尽管如此,我还是不能完完全全接受免色的话并为之欢喜。也许因为他凝视画时那肉食鸟一般锐利的眼神在我心头投下一缕阴影。

“那么,对这幅画免色先生您是中意的了?”我再次询问以确认事实。

“不言而喻的事!这是真有价值的作品。以我为模特、为主题能画出如此出类拔萃遒劲有力的作品,实属喜出望外。不用说,作为委托人请允许我取回这幅画。这当然是可以的吧?”

“嗯,不过作为我……”

免色迅速扬手打断我的话。“这样,如你方便,为了庆贺这幅绝妙画作的诞生,不日我想请你光临寒舍,尊意如何?用老式说法,小酌一杯。如果这不让你为难的话。”

“当然谈不上什么为难。可是即使不特意劳您如此费心,也足以……”

“不不,是我 想这样做。两人庆祝一下这幅画的完成。来我家吃一次晚饭好吗?像模像样的做不来,只是个不起眼的庆祝宴会。就你我两人,没有别人。当然厨师和调酒师另当别论……”

“厨师和调酒师?”

“早川渔港附近有一家我多年前就熟悉的法国餐馆。餐馆休息那天把厨师和调酒师叫到这边来。厨师手腕相当过硬,能用鲜鱼做出非常有趣的菜式。说实话,我早就想在家里招待你一次——和这幅画无关——一直做这个准备。不过,时机真是再巧不过!”

为了不把惊愕在脸上表现出来是要付出些许努力的。做这样的筹划到底要花费多少,我揣度不出。而对于免色,大概属于通常范围,或至少不是偏离正轨之举。

免色说:“比如四天后如何呢?星期二晚上。如果得便,我就这样安排。”

“星期二晚上没有特别约定。”我说。

“那好,星期二,一言为定!”他说,“那么,这就把画带回去可以吗?如果可能,想在你来我家之前好好镶框挂在墙上。”

“免色先生,您果真在这幅画中看见了自己的脸庞?”我再次询问。

“理所当然!”免色以费解的眼神看着我说,“当然在这画中看见了我的脸,真真切切。还是说你在这里画了别的什么?”

“明白了。”我说。此外别无我能说的。“本来就是受您之托画的。如果中意,那么作品就已经是您的,您自由处理就是。只是,颜料还没干,所以运送务请小心。另外,装框也最好再等等,最好两个星期干了以后。”

“知道了。一定小心对待。镶框推后。”

临回去时他在门口伸出手。久违的握手。他脸上漾出心满意足的微笑。

“那么,星期二见!傍晚六点派车接你。”

“对了,晚餐不请木乃伊?”我问免色。至于为什么说这个,原因我也不清楚。但木乃伊倏然闪出脑海,于是冲口而出。

免色探寻似的看我:“木乃伊?到底指的什么呢?”

“那个石室中理应有的木乃伊。天天夜里弄出铃声,却只留下铃消失去了哪里。该称即身佛的吧?没准他也想被请到府上,一如《唐璜》中的骑士团长雕像。”

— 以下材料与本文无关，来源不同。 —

-- ===== src/WalFile.antt =====
-- crates/raft-storage/src/wal: the records of the write-ahead log, the file's writer and its reader.
-- The checksum of crc32fast and the files of the operating system are parameters.
pub mod Record
pub mod Reader
pub mod Writer
pub mod Framing
pub mod Recovery
pub mod Reopen
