-- ===== src/Text/Decimal/Scanning.antt =====
-- `%d` of `scanf`, by its documented result.
use computer_science.Prelude.{
  ℕ, zero, suc, ◌+◌, ◌/◌, ◌%◌, ◌≡◌, ◌∙◌, refl, sym, ap, arith, inl, inr, true, false, [], ◌∷◌, ◌++◌,
  Option, none, some, ◌==◌, ◌>>=◌, if◌then◌else◌, Bool-cases,
}
use computer_science.Prelude.Int.{ℤ, pos, negsuc}
use computer_science.Text.{Text}
use computer_science.Text.Decimal.{
  digits, decimal, show_int, is_digit, negative, read_digits, to_int, skip_white, skip_white-digit,
  IsInt, decimal-start, read_digits-before,
}

unfoldable pub drop_digits : Text → Text
drop_digits [] = []
drop_digits (c ∷ s) = let rest = drop_digits s in if is_digit c then rest else c ∷ s

-- A number behind its sign: what is stored, if there is one, and what is left to read. A number that is
-- not an `int` is undefined.
unfoldable pub scan_number : (ℕ → ℤ) → Text → Option (Option ℤ × Text)
unfolding drop_digits to_int
scan_number sign [] = some (none, [])
scan_number sign (c ∷ s) =
    if is_digit c
    then (to_int (sign (read_digits (c ∷ s) 0)) >>= λ z. some (some z, drop_digits (c ∷ s)))
    else some (none, c ∷ s)

unfoldable pub scan_signed : Text → Option (Option ℤ × Text)
unfolding scan_number
scan_signed [] = some (none, [])
scan_signed (c ∷ s) =
    if c == b'-'
    then scan_number negative s
    else if c == b'+'
    then scan_number pos s
    else scan_number pos (c ∷ s)

unfoldable pub scan_int : Text → Option (Option ℤ × Text)
unfolding scan_signed skip_white
scan_int s = scan_signed (skip_white s)

drop_last : (n : ℕ) (out : Text) → drop_digits ((b'0' + n % 10) ∷ out) ≡ drop_digits out
unfolding drop_digits
drop_last n out = ground arith

drop_digits-digits :
    (fuel n : ℕ) (out r : Text) → drop_digits (digits fuel n out ++ r) ≡ drop_digits (out ++ r)
unfolding digits
drop_digits-digits zero n out r = refl
drop_digits-digits (suc fuel) n out r = elim (Bool-cases (n == 0)) [
  | inl done ↦ rw done refl
  | inr more ↦
      rw more (drop_digits-digits fuel (n / 10) ((b'0' + n % 10) ∷ out) r ∙ drop_last n (out ++ r))
]

drop_digits-decimal :
    (n c : ℕ) (r : Text) → is_digit c ≡ false → drop_digits (decimal n ++ c ∷ r) ≡ c ∷ r
unfolding decimal drop_digits
drop_digits-decimal n c r end = elim (Bool-cases (n == 0)) [
  | inl none_left ↦ rw (none_left, end) refl
  | inr more ↦ rw more (drop_digits-digits n n [] (c ∷ r) ∙ rw end refl)
]

read_digits-end : (n c : ℕ) (r : Text) → is_digit c ≡ false → read_digits (decimal n ++ c ∷ r) 0 ≡ n
unfolding read_digits
read_digits-end n c r end = read_digits-before n (c ∷ r) (rw end refl)

scan_digit :
    (sign : ℕ → ℤ) (c : ℕ) (s : Text)
    → is_digit c ≡ true
    → scan_number sign (c ∷ s)
      ≡ (to_int (sign (read_digits (c ∷ s) 0)) >>= λ z. some (some z, drop_digits (c ∷ s)))
unfolding scan_number
scan_digit sign c s d = rw d refl

scan_int-digit : (c : ℕ) (s : Text) → is_digit c ≡ true → scan_int (c ∷ s) ≡ scan_number pos (c ∷ s)
unfolding scan_int scan_signed skip_white
scan_int-digit c s d =
    let not_minus : (c == b'-') ≡ false = ground (arith, d) in
    let not_plus : (c == b'+') ≡ false = ground (arith, d) in
    rw (skip_white-digit c s d) (rw not_minus (rw not_plus refl))

scan_int-minus : (s : Text) → scan_int (b'-' ∷ s) ≡ scan_number negative s
unfolding scan_int
scan_int-minus s = refl

abbrev scanned : Text → ℤ → Option (Option ℤ × Text)
scanned r z = some (some z, r)

fits : (z : ℤ) (r : Text) → IsInt z → (to_int z >>= scanned r) ≡ scanned r z
unfolding to_int
fits (pos n) r h = ground arith
fits (negsuc n) r h = ground arith

scan_number-decimal :
    (sign : ℕ → ℤ) (n c : ℕ) (r : Text)
    → is_digit c ≡ false
    → scan_number sign (decimal n ++ c ∷ r) ≡ (to_int (sign n) >>= λ z. some (some z, c ∷ r))
scan_number-decimal sign n c r end =
    let (c0, s, e, d) = decimal-start n in
    ap (λ (t : Text). scan_number sign (t ++ c ∷ r)) e
    ∙ scan_digit sign c0 (s ++ c ∷ r) d
    ∙ ap
        (λ (t : Text). to_int (sign (read_digits (t ++ c ∷ r) 0)) >>= λ z.
          some (some z, drop_digits (t ++ c ∷ r)))
        (sym e)
    ∙ rw (read_digits-end n c r end, drop_digits-decimal n c r end) refl

-- `scanf` reads an `int` back from its `%d` and stops behind it.
pub scan_int-show_int :
    (z : ℤ) (c : ℕ) (r : Text)
    → IsInt z
    → is_digit c ≡ false
    → scan_int (show_int z ++ c ∷ r) ≡ some (some z, c ∷ r)
unfolding show_int
scan_int-show_int (pos n) c r h end =
    let (c0, s, e, d) = decimal-start n in
    ap (λ (t : Text). scan_int (t ++ c ∷ r)) e
    ∙ scan_int-digit c0 (s ++ c ∷ r) d
    ∙ ap (λ (t : Text). scan_number pos (t ++ c ∷ r)) (sym e)
    ∙ scan_number-decimal pos n c r end
    ∙ fits (pos n) (c ∷ r) h
scan_int-show_int (negsuc n) c r h end =
    scan_int-minus (decimal (suc n) ++ c ∷ r)
    ∙ scan_number-decimal negative (suc n) c r end
    ∙ fits (negsuc n) (c ∷ r) h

略一沉吟,免色现出终于恍然大悟般明朗的笑容。“果然。一如唐璜招待骑士团长雕像,我招待木乃伊参加晚餐如何——是这个意思吧?”

“正是,这也可能是什么缘分。”

“好的,我是一点也不介意。庆功会!如果木乃伊有意,欢迎光临。想必成为极有意味的晚餐。不过,餐后甜点上什么好呢?”说着,他开心地笑了。“问题只是,本人形象看不见。本人不在场,作为我也是无法招待。”

“那自然。”我说,“不过,未必只有眼睛看得见的是现实。不是这样的吗?”

免色如获至宝地双手把画抱到车上。先从后备厢中取出毛毯铺在副驾驶位,然后让画躺在上面以免颜料沾掉。又用细带和两个纸壳箱小心牢牢固定。一切深得要领。总之车的后备厢似乎常备种种用具。

“是啊,有可能真如你说的那样。”临走时免色忽然自言自语似的说。他双手放在皮革方向盘上,笔直地向上看着我。

“如我说的?”

“就是说,在我们的人生中,现实与非现实的界线往往很难捕捉。那条界线看上去总显得经常来来去去,就像每天兴之所至地随便移动的国境线——必须好好留意其动向才行。否则,就不知道自己现在是在哪一边了。我刚才说再在洞中停留下去可能危险,就是这个意思。”

对此我没能顺利应答。免色也没再讲下去。他从打开的车窗向我招手,让V8引擎发出惬意的声响,连同颜料尚未干透的肖像画从我的视野消失。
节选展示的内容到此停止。